One of the ugly consequences of facing a job layoff, especially for those who used to hold high-level jobs, is the risk of depression. The more specialized the person is and the higher the position, the greater the difficulty to find employment. Take the case of this unemployed fellow, who at first tried to find another job, but over the past few months has grown more and more depressed, such that he no longer bothers to look for employment anymore. There aren’t many open slots for vice-presidents in financial institutions (they are mostly broke), and unless the guy who’s laid off is lucky enough to receive a golden parachute, his life style and his self-esteem are going to be severely affected.

Manage Job Loss When Gender Roles Are Changed

Among traditional families and older generations, the typical role of the woman, even those working all day, has been to take care of the house. One can still find a few examples among recently married young men who had a mother who took care of everything, from cooking to keeping things in order. One of my younger female colleagues has been bitterly complaining about her husband who made the mistake of reproaching his lack of clean clothes at home. She didn’t contest this matter; in fact, she resisted the temptation to argue, knowing that a bitter dispute would follow otherwise.

But with job loss, things can become more complicated. I do remember losing my job on a couple of occasions during my 40’s and 50’s, and feeling more and more hopeless the longer I stayed at home. My feelings of worthlessness back then were accentuated, the longer I hung around at home doing nothing. One time was just before Christmas and the whole family could feel my angst. I now realize that without their total support, I would have wallowed in self-pity for much longer instead of looking for options.

Put The Family First

Many thousands of Americans who are still working, live with the sword of Damocles hanging over their heads, threatening to fall at any time. The family life is thus disrupted and children suffer the most since they don’t quite understand why their father is in such a bad mood every day. Hence the need, guys, to take a good look at yourselves and stop the downward emotional spiral. Feeling sorry for your precious ego isn’t going to help. Your family comes first, no matter what; if you have to wash dishes and mop the floor while the Mrs. brings home the bacon, then so be it. You’ll finally understand that house chores involve heavy work that must be shared. There is no shame at all in assuming what used to be feminine roles, since the end result will be emotional harmony in the family. After all, jobs will return! So let’s be thankful for the loving support of our loved ones.

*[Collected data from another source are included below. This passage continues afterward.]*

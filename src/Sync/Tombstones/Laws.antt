-- ===== src/Sync/Tombstones/Laws.antt =====
-- What `BoundedTombstones` remembers.
use astesia.Base.{
  ◌+◌, ◌≤◌, ◌≡◌, refl, sym, ap, ◌∙◌, Bool, true, false, ◌||◌, ◌&&◌, List, [], ◌∷◌, ◌++◌, arith,
  keep, length, leb, inl, inr, if◌then◌else◌, Bool-cases,
}
use astesia.Base.Table.{Key, same_self}
use astesia.Sync.Tombstones.{
  max_retained_keys, contains, without, BoundedTombstones, forget_oldest, insert, retain,
  AreDistinct, IsValid,
}

module _ {ℓ} {T : Type ℓ} ⦃k : Key T⦄ where
  contains-without :
      (value x : T) (xs : List T)
      → contains value (without x xs) ≡ (if k.same x value then false else contains value xs)
  unfolding contains without keep
  contains-without value x [] = ground arith
  contains-without value x (y ∷ xs) = ground (
    arith,
    k.same_iff x y,
    k.same_iff y x,
    k.same_iff x value,
    k.same_iff y value,
    contains-without value x xs,
  )

  pub contains-snoc :
      (value x : T) (xs : List T)
      → contains value (xs ++ x ∷ []) ≡ (k.same x value || contains value xs)
  unfolding contains
  contains-snoc value x [] = refl
  contains-snoc value x (y ∷ xs) = ground (arith, contains-snoc value x xs)

  pub snoc-AreDistinct :
      (x : T) (xs : List T) → contains x xs ≡ false → AreDistinct xs → AreDistinct (xs ++ x ∷ [])
  unfolding contains
  snoc-AreDistinct x [] h d = (refl, tt)
  snoc-AreDistinct x (y ∷ xs) h d = ground (
    arith,
    contains-snoc y x xs,
    k.same_iff x y,
    k.same_iff y x,
    snoc-AreDistinct x xs (ground arith) d.1,
  )

  without-AreDistinct : (x : T) (xs : List T) → AreDistinct xs → AreDistinct (without x xs)
  unfolding without keep
  without-AreDistinct x [] d = tt
  without-AreDistinct x (y ∷ xs) d =
      ground (arith, contains-without y x xs, without-AreDistinct x xs d.1)

  length-without_absent :
      (x : T) (xs : List T) → contains x xs ≡ false → length (without x xs) ≡ length xs
  unfolding without keep contains
  length-without_absent x [] h = refl
  length-without_absent x (y ∷ xs) h = ground (arith, length-without_absent x xs (ground arith))

  length-without :
      (x : T) (xs : List T)
      → AreDistinct xs
      → contains x xs ≡ true
      → length (without x xs) + 1 ≡ length xs
  unfolding without keep contains
  length-without x [] d h = absurd (cc h)
  length-without x (y ∷ xs) d h = elim (Bool-cases (k.same y x)) [
    | inl hit ↦
        let absent : contains x xs ≡ false = ground (arith, k.same_iff y x) in
        ground (arith, length-without_absent x xs absent)
    | inr other ↦ ground (arith, length-without x xs d.1 (ground arith))
  ]

  forget_oldest-IsValid :
      (entries order : List T)
      → ((value : T) → contains value entries ≡ contains value order)
      → AreDistinct order
      → IsValid (forget_oldest entries order)
  unfolding forget_oldest contains
  forget_oldest-IsValid entries [] same d = record {
    same_values = same;
    order_once = tt;
    bounded = omega arith;
  }
  forget_oldest-IsValid entries (x ∷ order) same d =
      let rest =
        forget_oldest-IsValid (without x entries) order
          (λ value.
            contains-without value x entries ∙ ground (arith, same value, k.same_iff x value))
          d.1 in
      elim (Bool-cases (leb (length (x ∷ order)) max_retained_keys)) [
        | inl fits ↦ rw fits (record { same_values = same; order_once = d; bounded = ground arith })
        | inr full ↦ rw full rest
      ]

  forget_oldest_last :
      (value : T) (xs entries : List T)
      → AreDistinct (xs ++ value ∷ [])
      → contains value entries ≡ true
      → contains value (forget_oldest entries (xs ++ value ∷ [])).entries ≡ true
  unfolding forget_oldest
  forget_oldest_last value [] entries d h = h
  forget_oldest_last value (x ∷ xs) entries d h =
      let other : k.same x value ≡ false =
        ground (arith, contains-snoc x value xs, k.same_iff value x, k.same_iff x value) in
      let rest =
        forget_oldest_last value xs (without x entries) d.1
          (contains-without value x entries ∙ ground arith) in
      ground arith

  -- The loop on a set and a queue whose last value is `value`.
  forget_oldest_insert :
      (value : T) (entries order : List T)
      → ((x : T) → contains x entries ≡ (k.same value x || contains x order))
      → contains value order ≡ false
      → AreDistinct order
      → IsValid (forget_oldest entries (order ++ value ∷ []))
        × (contains value (forget_oldest entries (order ++ value ∷ [])).entries ≡ true)
  forget_oldest_insert value entries order same absent d =
      let once = snoc-AreDistinct value order absent d in
      (
        forget_oldest-IsValid entries (order ++ value ∷ [])
            (λ x. same x ∙ sym (contains-snoc x value order)) once,
        forget_oldest_last value order entries once (same value ∙ ground (arith, same_self value)),
      )

  contains_back :
      (value x : T) (xs : List T)
      → contains value xs ≡ true
      → contains x xs ≡ (k.same value x || contains x (without value xs))
  contains_back value x xs h = elim (Bool-cases (k.same value x)) [
    | inl hit ↦
        let moved = ap (λ y. contains y xs) (sym ((k.same_iff value x).0 hit)) in ground arith
    | inr other ↦ ground (arith, contains-without x value xs)
  ]

  -- `insert` keeps the set and the queue together, no value twice and 4096 at most, and the value is in
  -- the set afterwards.
  pub insert-IsValid :
      (value : T) (s : BoundedTombstones T)
      → IsValid s
      → IsValid (insert value s) × (contains value (insert value s).entries ≡ true)
  unfolding insert contains
  insert-IsValid value s v = elim (Bool-cases (contains value s.entries)) [
    | inl known ↦ rw known (
        forget_oldest_insert value s.entries (without value s.order)
          (λ x. v.same_values x ∙ contains_back value x s.order (sym (v.same_values value) ∙ known))
          (contains-without value value s.order ∙ ground (arith, same_self value))
          (without-AreDistinct value s.order v.order_once))
    | inr new ↦ rw new (
        forget_oldest_insert value (value ∷ s.entries) s.order
          (λ x. ground (arith, v.same_values x)) (sym (v.same_values value) ∙ new) v.order_once)
  ]

  contains-keep :
      (kept : T → Bool) (value : T) (xs : List T)
      → contains value (keep kept xs) ≡ (contains value xs && kept value)
  unfolding contains keep
  contains-keep kept value [] = refl
  contains-keep kept value (x ∷ xs) = elim (Bool-cases (k.same x value)) [
    | inl hit ↦
        let moved : kept x ≡ kept value = ap kept ((k.same_iff x value).0 hit) in
        ground (arith, contains-keep kept value xs)
    | inr other ↦ ground (arith, contains-keep kept value xs)
  ]

  keep-AreDistinct : (kept : T → Bool) (xs : List T) → AreDistinct xs → AreDistinct (keep kept xs)
  unfolding keep
  keep-AreDistinct kept [] d = tt
  keep-AreDistinct kept (x ∷ xs) d =
      ground (arith, contains-keep kept x xs, keep-AreDistinct kept xs d.1)

  length-keep : (kept : T → Bool) (xs : List T) → length (keep kept xs) ≤ length xs
  unfolding keep
  length-keep kept [] = omega arith
  length-keep kept (x ∷ xs) = ground (arith, length-keep kept xs)

  -- `retain` keeps the set and the queue together, and has the values left that it was asked to keep.
  pub retain-IsValid :
      (kept : T → Bool) (s : BoundedTombstones T)
      → IsValid s
      → IsValid (retain kept s)
        × ((value : T)
            → contains value (retain kept s).entries ≡ (contains value s.entries && kept value))
  unfolding retain
  retain-IsValid kept s v =
      let entries = keep kept s.entries in
      (
        record {
          same_values = λ value. ground (
            arith,
            contains-keep (λ x. contains x entries) value s.order,
            contains-keep kept value s.entries,
            v.same_values value,
          );
          order_once = keep-AreDistinct (λ x. contains x entries) s.order v.order_once;
          bounded = omega (arith, length-keep (λ x. contains x entries) s.order, v.bounded);
        },
        λ value. contains-keep kept value s.entries,
      )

6 thoughts on “Managing Job Loss: When The Breadwinner Loses His Job”

  1. You have to put the family first!

    I hear a lot of people moping around because they don’t like their jobs, and the recession has “forced” them to accept what they have and stay put. Instead of bringing their “A-Game,” they continue complaining and being negative at work. (In many cases, they lose their jobs because of this).

    If you have a family you’re responsible for, that should be priority #1. You should get your thoughts focused, your responsibilities straight, and get your “stuff” together at work to make sure you’re continuing to provide for the family.

    Now, as far as the topic at hand, I don’t think there’s any shame in playing Mr. Mom for a while, or even permanently. What exactly is so bad about spending more time with your kids??? (Granted, you also have to cook and clean, but I happen to love doing both). I say – enjoy the extra time with family, the jobs will eventually come back.

    Even for non-executives and other people who held high positions, the danger of depression is still strong. Many people I know who lost their jobs mope around all day, but that is their choice. Many others found jobs almost immediately by staying focused and understanding what they had to do.

    Great post!

  2. Thank you, W, for taking the time to show all of us macho men that there is nothing shameful in assuming the Mr. Mom role. As you state, what’s wrong with being with your kids all day long; the family as a whole gains in understanding, even while many working moms complain that the man doesn’t pull his share of the domestic work. Very true also, depression is always a lurking danger and one must be ready to fight, mentally, this most damaging illness. I know, I went thru it and didn’t leave my house for one week, till a good friend pulled me out forcibly and affectionately.
    Excellent comment!

  3. Jacques, I know exactly what you are talking about when you say that depression is always a danger when the bread winner is laid off of work.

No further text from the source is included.